■ **Problem**:
Return all lines of the data in which the string "registration" occurs.

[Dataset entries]
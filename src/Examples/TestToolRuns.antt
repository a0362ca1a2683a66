-- ===== src/Examples/TestToolRuns.antt =====
-- Tests of the test tool's page.
use Prim.Native.String.{◌++◌ as str_append}
use concordium_web3id.Common.{
  ℕ, ◌≡◌, ◌↔◌, ◌≢◌, refl, String, Bool, true, false, Option, none, some, List, [], ◌∷◌, ok, All,
  map, find, assign, arith, is_some, str_eq, if◌then◌else◌,
}
use concordium_web3id.Registry.Types.{Index, Transaction, update_contract, registration}
use concordium_web3id.TestTool.Hex.{hex_to_bytes, code_units}
use concordium_web3id.TestTool.Hex.RoundTrip.{byte, hex_to_bytes-written}
use concordium_web3id.TestTool.Attributes.{
  AttributeDetails, text, big, Parsed, parse_attributes_from_form,
}
use concordium_web3id.TestTool.Attributes.Form.{
  entered, meant, is_readable, parse_attributes_from_form-find,
}
use concordium_web3id.TestTool.Attributes.Types.{HasType, parse_attributes_from_form-HasType}
use concordium_web3id.TestTool.Register.{
  regular, delayed, wrong_list, Inputs, Credential, press, form_of, issuer_did,
}
use concordium_web3id.TestTool.Register.Calls.{commitments_of, did_prefix, register}
use concordium_web3id.TestTool.Register.Consistent.{
  HasKind, IsRegistered, press_iff, register-consistent,
}

abbrev bytes : List ℕ
bytes = 131 ∷ 254 ∷ 13 ∷ []

hex_to_bytes-written_example : hex_to_bytes "83fe0d" ≡ map byte bytes
unfolding code_units
hex_to_bytes-written_example =
    hex_to_bytes-written bytes "83fe0d" (omega arith, (omega arith, (omega arith, tt))) refl

abbrev degree : AttributeDetails
degree = record { tag = "degree"; type = "string"; value = none; required = true }

abbrev year : AttributeDetails
year = record { tag = "year"; type = "integer"; value = some "2023"; required = false }

-- One text that `BigInt` reads.
abbrev big_int : String → Option ℕ
big_int s = if str_eq s "2023" then some 2023 else none

abbrev never : String → Bool
never s = false

abbrev parsed : Parsed ℕ
parsed = record {
  attributes = ("degree", text "Master") ∷ ("year", big 2023) ∷ [];
  messages = [];
  warnings = [];
}

abbrev filled : List AttributeDetails
filled =
    record { tag = "degree"; type = "string"; value = some "Master"; required = true } ∷ year ∷ []

form_run : parse_attributes_from_form big_int never filled ≡ ok parsed
unfolding parse_attributes_from_form assign
form_run = refl

parse_attributes_from_form-find_example :
    find "year" parsed.attributes ≡ meant big_int never (entered "year" filled)
parse_attributes_from_form-find_example =
    parse_attributes_from_form-find big_int never filled "year" form_run

abbrev key : String
key = "8fe0dc02ffbab8d30410233ed58b44a53c418b368ae91cdcdbcdb9e79358be82"

abbrev contract_4713 : Index
contract_4713 = record { number = "4713"; address = ok 4713 }

abbrev inputs : Inputs
inputs = record {
  account = "3kBx2h5Y";
  index = some contract_4713;
  schema_from_contract = some "https://example.org/schema.json";
  type_from_contract = some "myCredentialType";
  manual_type = none;
  manual_schema = none;
  attribute_schema = filled;
  wrong_attributes_list = wrong_list;
  seed = "myRandomSeedString";
  metadata_url = "https://example.org/metadata.json";
  auxiliary_data = "83fe0d";
  has_expiry = false;
  valid_from = "2022-06-12T07:30";
  valid_until = "";
  is_holder_revocable = true;
}

abbrev show : Index → String
show n = "4713"

press_iff_example : (is_some (press big_int never show delayed inputs true).request ≡ true) ↔ (
    (inputs.index ≢ none)
    × HasKind big_int never show delayed inputs
    × (true ≡ true)
    × All (λ d. is_readable big_int never d ≡ true) (form_of delayed inputs))
press_iff_example = press_iff big_int never show delayed inputs true

abbrev iso_string : String → Option String
iso_string s = some s

abbrev credential : Credential ℕ
credential = record {
  type = "VerifiableCredential" ∷ "ConcordiumVerifiableCredential" ∷ "myCredentialType" ∷ [];
  issuer = "did:ccd:testnet:sci:4713:0/issuer";
  attributes = parsed.attributes;
  schema_id = "https://example.org/schema.json";
  schema_type = "myCredentialType";
  metadata_url = "https://example.org/metadata.json";
}

press_run :
    (press big_int never show regular inputs true).request ≡ some (contract_4713, credential)
unfolding press assign
press_run = refl

abbrev registered : Transaction String String
registered = record {
  account = "3kBx2h5Y";
  payload = update_contract 0 4713 0 "credential_registry.registerCredential" 30000;
  parameter =
      registration key true "2022-06-12T07:30" none
        (record { hash = none; url = "https://example.org/metadata.json" }) (map byte bytes);
}

register_run :
    register iso_string regular inputs contract_4713 (str_append did_prefix key)
    ≡ some (ok registered)
unfolding register
register_run = refl

register-consistent_example :
    let m = commitments_of contract_4713 credential (str_append did_prefix key) in
    (credential.issuer ≡ issuer_did (show m.index))
    × (inputs.index ≡ some m.index)
    × (m.subindex ≡ 0)
    × (m.holder_id ≡ key)
    × IsRegistered String String m
        (register iso_string regular inputs contract_4713 (str_append did_prefix key))
register-consistent_example =
    register-consistent String String big_int never show iso_string regular inputs true key
      press_run

parse_attributes_from_form-HasType_example :
    (type : String) × (s : String) × (entered "degree" filled ≡ some (type, s))
    × HasType ℕ type (text "Master")
parse_attributes_from_form-HasType_example =
    parse_attributes_from_form-HasType big_int never filled "degree" (text "Master") form_run refl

■ **Output for this exercise**:
use concordium_web3id.Registry.Types.{Index, Transaction, update_contract, registration}
      registration key true "2022-06-12T07:30" none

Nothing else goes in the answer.